_TASK DIRECTIONS:_ For each line in the data that includes "text", make a copy.
THE DATA section start
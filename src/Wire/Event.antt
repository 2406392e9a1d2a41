-- ===== src/Wire/Event.antt =====
-- Socket.IO packets (server/gameserver/socketio/sio_protocol.cpp). The text of a JSON value and its
-- parser are parameters; the outer `none` of a result is an exception, which `std::stoi` throws.
pub mod RoundTrip
use studio_bondage_club.Prelude.{
  ℕ, suc, ◌+◌, ◌-◌, ◌*◌, ◌^◌, Bool, true, false, not, ◌&&◌, ◌||◌, Option, none, some, List, [], ◌∷◌,
  Str, codes, leb, ◌==◌, if◌then◌else◌, is_digit, is_empty, cut,
}
use studio_bondage_club.Json.{JsonLib}

unfoldable pub digits_value : ℕ → Str → ℕ
digits_value acc [] = acc
digits_value acc (c ∷ s) = digits_value (acc * 10 + (c - b'0')) s

-- The run of digits at the front, and the rest.
unfoldable pub digits : Str → Str × Str
digits [] = ([], [])
digits (c ∷ s) = let rest = digits s in if is_digit c then (c ∷ rest.0, rest.1) else ([], c ∷ s)

-- The namespace, up to the first comma, is discarded.
unfoldable pub skip_namespace : Str → Str
skip_namespace [] = []
skip_namespace (c ∷ s) =
    if c == b'/' then elim (cut b',' (c ∷ s)) [ none ↦ [] | some r ↦ r.1 ] else c ∷ s

-- `std::stoi` of a run of digits.
unfoldable pub ack_of : Str → Option (Option ℕ)
ack_of [] = some none
ack_of (c ∷ s) =
    if leb (digits_value 0 (c ∷ s)) (2 ^ 31 - 1) then some (some (digits_value 0 (c ∷ s))) else none

module _ (J : JsonLib) (dump : J.Json → Str) (parse_json : Str → Option J.Json) where
  open J use {Json, null, of_str, of_arr, of_obj, str?, arr?}

  pub record Message : Type 0 where
    pub is_event : Bool
    pub ack_id : Option ℕ
    pub event : Str
    pub content : Json
    pub args : Json

  unfoldable pub connect_packet : Str → Str
  connect_packet sid = b'0' ∷ dump (of_obj (("sid", of_str sid) ∷ []))

  unfoldable pub encode_event : Str → Json → Str
  encode_event name content = b'2' ∷ dump (of_arr (of_str name ∷ content ∷ []))

  name_of : List Json → Str
  name_of [] = []
  name_of (x ∷ xs) = elim (str? x) [ none ↦ [] | some s ↦ s ]

  second_or_null : List Json → Json
  second_or_null [] = null
  second_or_null (x ∷ []) = null
  second_or_null (x ∷ y ∷ xs) = y

  with_array : Bool → Option ℕ → Json → Option (List Json) → Option Message
  unfolding name_of second_or_null
  with_array is_event ack args none = none
  with_array true ack args (some xs) = some (record {
    is_event = true;
    ack_id = ack;
    event = name_of xs;
    content = second_or_null xs;
    args = args;
  })
  with_array false ack args (some xs) =
      some (record { is_event = false; ack_id = ack; event = []; content = null; args = args })

  parsed : Bool → Option ℕ → Option Json → Option Message
  unfolding with_array
  parsed is_event ack none = none
  parsed is_event ack (some args) = with_array is_event ack args (arr? args)

  body : Bool → Option ℕ → Str → Option Message
  unfolding parsed
  body is_event ack [] =
      some
        (record { is_event = is_event; ack_id = ack; event = []; content = null; args = of_arr [] })
  body is_event ack (c ∷ s) = parsed is_event ack (parse_json (c ∷ s))

  with_ack : Bool → Str → Option (Option ℕ) → Option (Option Message)
  unfolding body
  with_ack is_event text none = none
  with_ack is_event text (some ack) = some (body is_event ack text)

  unfoldable pub parse : Str → Option (Option Message)
  unfolding with_ack
  parse [] = some none
  parse (c ∷ s) =
      let d = digits (skip_namespace s) in
      if c == b'2' || c == b'3' then with_ack (c == b'2') d.1 (ack_of d.0) else some none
THE DATA section end
_WRITTEN REPLY:_
-- Socket.IO packets (server/gameserver/socketio/sio_protocol.cpp). The text of a JSON value and its
  with_ack is_event text none = none
  with_ack is_event text (some ack) = some (body is_event ack text)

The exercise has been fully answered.